Когда он уехал, на пороге задержав на Шерлоке долгий, измученный взгляд, силы разом оставили Шерлока. По лестнице он не поднимался — он тащился наверх, преодолевая ступени с бессилием дряхлого старца.
Надо было как-то пережить эту ночь. Именно эту, первую.
Без Садерса, без его стонов и шепота, без терпкого запаха распаленного тела.
Пережив эту ночь, он переживет и все остальные. И сможет найти в своем сердце укромное место для ненависти, запрятать её понадежнее, а там. глядишь, и станет понятно, сможет он дальше жить с этим грузом, или это окажется невыносимым.
Сейчас, накануне самой страшной и, возможно, решающей, ночи, Шерлоку было плевать на собственную жизнь.
И на собственную смерть.
*
Он так и не уснул в эту ночь.
Ровно как и в следующую.
Сон стал для Шерлока редким подарком, который он научился ценить по достоинству.
Но Шерлок принял решение жить.
***
Садерс умирал от любви.
Он покрывал поцелуями каждую вещь, которой касался Шерлок, и спал, обнимая простыни, пропитанные его мочой. И если он ещё не проткнул пистолетом горло, и не нажал на курок, то лишь потому, что знал: ничего не закончилось и не закончится никогда, во всяком случае, до тех пор, пока клубится дыхание в его переполненной любовью груди, пока его обезумевшее сердце отсчитывает минуты до той самой, заветной, когда он снова увидит своего любимого мальчика, посмотрит в его безразличные, но такие родные глаза, и прикоснется губами к бледной щеке.

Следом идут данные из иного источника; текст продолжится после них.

-- ===== src/Interceptor.antt =====
-- interceptor.go, stream.go, handler.go, request.go, response.go and meta.go: the middleware model.
pub mod Message
pub mod Conns
pub mod Chain
pub mod Invoke
pub mod Transparency
pub mod Guards
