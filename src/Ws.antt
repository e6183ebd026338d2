-- ===== src/Ws.antt =====
-- transport/ws: the WebSocket transport. `Frame` and `Session` are the vocabulary, `Run` and its
-- children the per-session code, `Server` and its children the shared state of one connection.
pub mod Frame
pub mod Session
pub mod Run
pub mod Server
pub mod Client
pub mod Wire
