-- ===== src/Federation/Provider/Cache/Available.antt =====
-- What `get_credential` does while Identity is down.
use deixic_python.Base.{
  ℕ, zero, suc, ◌≤◌, String, Bool, true, false, ◌≡◌, refl, Option, none, some, Result, ok, err,
  strip, is_empty, text_dec, arith, continue, ◌>>=◌, Bool-cases, inl, inr,
}
use deixic_python.Value.{Value}
use deixic_python.Errors.{DeixicError, Response}
use deixic_python.Auth.{Credential}
use deixic_python.Tasks.Types.{
  Raised, deixic, deadline_reached, callback_failed, value_error, foreign,
}
use deixic_python.Client.Network.{Reply, is_success}
use deixic_python.Federation.{is_retryable, is_tolerated, status_error, exchange_error}
use deixic_python.Federation.Provider.{
  Seconds, Surroundings, Settings, Held, Act, outside, as_assertion, assertion_text, is_used,
  reused, claim_assertion, next_assertion,
}
use deixic_python.Federation.Provider.Exchange.{
  as_exchange, transport_failed, caught_as, exchange_request, read_reply, exchange_once,
  source_error, retry, or_retry, attempt_with, attempts, exchange,
}
use deixic_python.Federation.Provider.Methods.{or_cached, get_cached, get_at, get_credential}
use deixic_python.Federation.Provider.Cache.Handed.{ticked}

abbrev Ended : {A : Type 0} → (A → Type 0) → (Raised → Type 0) → Result Raised A → Type 0
Ended Y X (ok a) = Y a
Ended Y X (err e) = X e

-- How an action ends: with a value that has a property, or with an exception that has one.
record Ends {A : Type 0} (Y : A → Type 0) (X : Raised → Type 0) (r : Result Raised A) : Type 0 where
  ended : Ended Y X r

module _ {T : Seconds} {World A B : Type 0} {Y : A → Type 0} {Z : B → Type 0}
    {X : Raised → Type 0} where
  Ends-after :
      (f : A → Act T World B) (r : Result Raised A × Held T World)
      → Ends Y X r.0
      → ((a : A) (t : Held T World) → Y a → Ends Z X (f a t).0)
      → Ends Z X (continue r.0 f r.1).0
  Ends-after f (ok a, t) p k = k a t p.ended
  Ends-after f (err e, t) p k = record { ended = p.ended }

  Ends-bind :
      (m : Act T World A) (f : A → Act T World B) (s : Held T World)
      → Ends Y X (m s).0
      → ((a : A) (t : Held T World) → Y a → Ends Z X (f a t).0)
      → Ends Z X ((m >>= f) s).0
  Ends-bind m f s p k = Ends-after f (m s) p k

-- An exception for which an exchange is tried again.
abbrev Retryable : Raised → Type 0
Retryable e = (d : DeixicError) × (e ≡ deixic d) × (is_retryable d ≡ true)

-- An answer of a transport over which Identity cannot be reached, or of an Identity that says 503.
abbrev pub IsDown : Result Raised Reply → Type 0
IsDown (ok reply) = reply.response.status_code ≡ 503
IsDown (err (deixic e)) = ⊥
IsDown (err e) = Unit

retryable-tolerated : (d : DeixicError) → is_retryable d ≡ true → is_tolerated d ≡ true
retryable-tolerated d h = ground arith

busy-retryable : (r : Response) → r.status_code ≡ 503 → is_retryable (exchange_error r) ≡ true
unfolding exchange_error status_error text_dec
busy-retryable r h = rw (h, exchange_error)

busy-unsuccessful : (n : ℕ) → n ≡ 503 → is_success n ≡ false
busy-unsuccessful n h = ground arith

module _ (T : Seconds) (E : Surroundings T) (settings : Settings T)
    (given : (w : E.World)
      → (a : String) × ((E.source w).0 ≡ ok (Value.text a)) × (is_empty (strip a) ≡ false))
    (down : (w : E.World) (a : String)
      → IsDown (E.exchange (exchange_request T E settings a) w).0) where
  abbrev IsText : Value → Type 0
  IsText v = (a : String) × (assertion_text v ≡ ok a)

  source-Ends : (w : E.World) → Ends IsText (λ e. e ≡ deixic reused) (as_assertion (E.source w).0)
  unfolding assertion_text
  source-Ends w =
      let (a, e, full) = given w in rw e (record { ended = (strip a, rw (full, assertion_text)) })

  claim-Ends :
      (a : String) (s : Held T E.World)
      → Ends (λ _. Unit {0}) (λ e. e ≡ deixic reused) (claim_assertion T E a s).0
  unfolding claim_assertion
  claim-Ends a s = elim (Bool-cases (is_used (E.sha256 a) s.provider.used_assertions)) [
    | inl used ↦ rw used (record { ended = refl })
    | inr new ↦ rw new (record { ended = tt })
  ]

  next_assertion-Ends :
      (s : Held T E.World) → Ends (λ _. Unit {0}) (λ e. e ≡ deixic reused) (next_assertion T E s).0
  unfolding next_assertion
  next_assertion-Ends s =
      Ends-bind (outside (λ w. let (r, u) = E.source w in (as_assertion r, u))) _ s
        (source-Ends s.world) λ v t (a, e). rw e (claim-Ends a t)

  sent-Ends :
      (r : Result Raised Reply)
      → IsDown r
      → Ends (λ (reply : Reply). reply.response.status_code ≡ 503) Retryable (as_exchange r)
  unfolding text_dec
  sent-Ends (ok reply) h = record { ended = h }
  sent-Ends (err deadline_reached) h = record { ended = (transport_failed, refl, refl) }
  sent-Ends (err (callback_failed e)) h = record { ended = (transport_failed, refl, refl) }
  sent-Ends (err value_error) h = record { ended = (transport_failed, refl, refl) }
  sent-Ends (err (foreign n)) h = record { ended = (transport_failed, refl, refl) }
  sent-Ends (err (deixic e)) h = absurd h

  exchange_once-Ends :
      (a : String) (s : Held T E.World) → Ends (λ _. ⊥) Retryable (exchange_once T E settings a s).0
  unfolding exchange_once read_reply
  exchange_once-Ends a s =
      Ends-bind
        (outside
          (λ w. let (r, u) = E.exchange (exchange_request T E settings a) w in (as_exchange r, u)))
        _ s (sent-Ends (E.exchange (exchange_request T E settings a) s.world).0 (down s.world a))
        λ reply t busy. rw (busy-unsuccessful reply.response.status_code busy) (record {
          ended = (exchange_error reply.response, refl, busy-retryable reply.response busy);
        })

  -- Behind a failure, its error is one to try again for; before the first attempt, there is one left.
  abbrev Ready : ℕ → Option DeixicError → Type 0
  Ready remaining none = 1 ≤ remaining
  Ready remaining (some d) = is_retryable d ≡ true

  abbrev Tolerable : Raised → Type 0
  Tolerable e = caught_as is_tolerated e ≡ true

  retryable-Tolerable : (d : DeixicError) → is_retryable d ≡ true → Tolerable (deixic d)
  unfolding caught_as
  retryable-Tolerable d h = retryable-tolerated d h

  reused-Tolerable :
      (remaining : ℕ) (last : Option DeixicError)
      → Ready remaining last
      → Tolerable (source_error T E settings last (deixic reused))
  unfolding caught_as reused text_dec
  reused-Tolerable remaining none h = refl
  reused-Tolerable remaining (some d) h = retryable-Tolerable d h

  retried-Ends :
      (next : Option DeixicError → Act T E.World Credential) (e : Raised) (t : Held T E.World)
      → Retryable e
      → ((d : DeixicError) → is_retryable d ≡ true → Ends (λ _. ⊥) Tolerable (next (some d) t).0)
      → Ends (λ _. ⊥) Tolerable (retry T E settings (caught_as is_retryable e) next e t).0
  unfolding caught_as
  retried-Ends next (deixic x) t (d, same, h) k = rw (again x d same h) (k x (again x d same h))
    where
      again :
          (x d : DeixicError) → deixic x ≡ deixic d → is_retryable d ≡ true → is_retryable x ≡ true
      again x d same h = ground arith
  retried-Ends next deadline_reached t (d, same, h) k = cc
  retried-Ends next (callback_failed x) t (d, same, h) k = cc
  retried-Ends next value_error t (d, same, h) k = cc
  retried-Ends next (foreign n) t (d, same, h) k = cc

  or_retry-Ends :
      (next : Option DeixicError → Act T E.World Credential)
      (r : Result Raised Credential × Held T E.World)
      → Ends (λ _. ⊥) Retryable r.0
      → ((d : DeixicError) (t : Held T E.World)
          → is_retryable d ≡ true
          → Ends (λ _. ⊥) Tolerable (next (some d) t).0)
      → Ends (λ _. ⊥) Tolerable (or_retry T E settings next r).0
  or_retry-Ends next (ok c, t) p k = absurd p.ended
  or_retry-Ends next (err e, t) p k = retried-Ends next e t p.ended (λ d h. k d t h)

  attempt_with-Ends :
      (remaining : ℕ) (last : Option DeixicError)
      (next : Option DeixicError → Act T E.World Credential)
      (r : Result Raised String × Held T E.World)
      → Ready remaining last
      → Ends (λ _. Unit {0}) (λ e. e ≡ deixic reused) r.0
      → ((d : DeixicError) (t : Held T E.World)
          → is_retryable d ≡ true
          → Ends (λ _. ⊥) Tolerable (next (some d) t).0)
      → Ends (λ _. ⊥) Tolerable (attempt_with T E settings last next r).0
  attempt_with-Ends remaining last next (ok a, t) ready p k =
      or_retry-Ends next (exchange_once T E settings a t) (exchange_once-Ends a t) k
  attempt_with-Ends remaining last next (err e, t) ready p k = record {
    ended = rw p.ended (reused-Tolerable remaining last ready);
  }

  attempts-Ends :
      (remaining attempt : ℕ) (last : Option DeixicError) (s : Held T E.World)
      → Ready remaining last
      → Ends (λ _. ⊥) Tolerable (attempts T E settings remaining attempt last s).0
  unfolding attempts
  attempts-Ends zero attempt none s ready = absurd (omega arith)
  attempts-Ends zero attempt (some d) s ready = record { ended = retryable-Tolerable d ready }
  attempts-Ends (suc remaining) attempt last s ready =
      attempt_with-Ends (suc remaining) last (attempts T E settings remaining (suc attempt)) _ ready
        (next_assertion-Ends _) λ d t h. attempts-Ends remaining (suc attempt) (some d) t h

  or_cached-ok :
      (cached : Credential) (r : Result Raised Credential × Held T E.World)
      → Ends (λ _. ⊥) Tolerable r.0
      → (or_cached T E settings cached true r).0 ≡ ok cached
  or_cached-ok cached (ok c, t) p = absurd p.ended
  or_cached-ok cached (err e, t) p = rw p.ended refl

  get_cached-ok :
      (early : Bool) (cached : Credential) (s : Held T E.World)
      → 1 ≤ settings.max_attempts
      → (get_cached T E settings early true cached s).0 ≡ ok cached
  unfolding exchange
  get_cached-ok true cached s h = refl
  get_cached-ok false cached s h =
      or_cached-ok cached _ (attempts-Ends settings.max_attempts 0 none s h)

  get_at-ok :
      (o : Option Credential) (now : T.Time) (cached : Credential) (s : Held T E.World)
      → o ≡ some cached
      → T.before now s.provider.expires_at ≡ true
      → 1 ≤ settings.max_attempts
      → (get_at T E settings o now s).0 ≡ ok cached
  get_at-ok none now cached s h unexpired few = cc
  get_at-ok (some c) now cached s h unexpired few =
      let same : c ≡ cached = ground arith in rw (same, unexpired) (get_cached-ok _ cached s few)

  -- An outage of Identity does not reach a client whose credential has not expired. Where the assertion
  -- source gives a text that is not blank each time, where Identity answers each assertion with status
  -- 503 or the transport raises some exception other than a `DeixicError`, where at least one
  -- attempt is made, and where the clock's reading is before the expiry of the cached credential,
  -- `get_credential` returns the cached credential, whether its refresh is due or not, and whether
  -- the source's assertions are new or used.
  pub get_credential_available :
      (s : Held T E.World) (cached : Credential)
      → s.provider.credential ≡ some cached
      → T.before (E.clock s.world).0 s.provider.expires_at ≡ true
      → 1 ≤ settings.max_attempts
      → (get_credential T E settings s).0 ≡ ok cached
  unfolding get_credential
  get_credential_available s cached h unexpired few =
      get_at-ok s.provider.credential (E.clock s.world).0 cached (ticked E s) h unexpired few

Он давно забыл о тайной комнате и о троне, ставшем теперь до смешного ненужным. У него было нечто несоизмеримо более ценное. Две обители: комната, наполненная памятью о тонком, прикованном браслетами теле, подарившем ему столько наслаждения и столько боли, и роскошная спальня, где Шерлок два месяца люто его ненавидел и где с той же лютой ненавистью ему отдавался, будто надеясь, что очередной оргазм наконец-то его убьет.
Он подолгу сидел в изголовье кровати, жадно вдыхая запах несвежей подушки, теряя голову от нежности и любви. Собрал с постели все найденные им волоски, и бережно завернул в тонкий белый платок, пересчитав и внимательно рассмотрев перед этим каждый.
Сокровище, достойное Гаруна аль-Рашида*…
На этой кровати Шерлок впервые кончил в него, омыл его сладостью изнутри, превратив навечно в раба.
В спальне Шерлока он проводил свои ночи. Долгие, полные жажды и грязи. Такие, которые пугали даже его самого. Он причинял себе почти нестерпимую боль, делал со своим телом страшные вещи, боясь вспомнить об этом утром и с ужасом глядя на себя в зеркало ванной комнаты, где тщательно смывал невидимые следы полночных безумств, доставляющих ему адское удовольствие.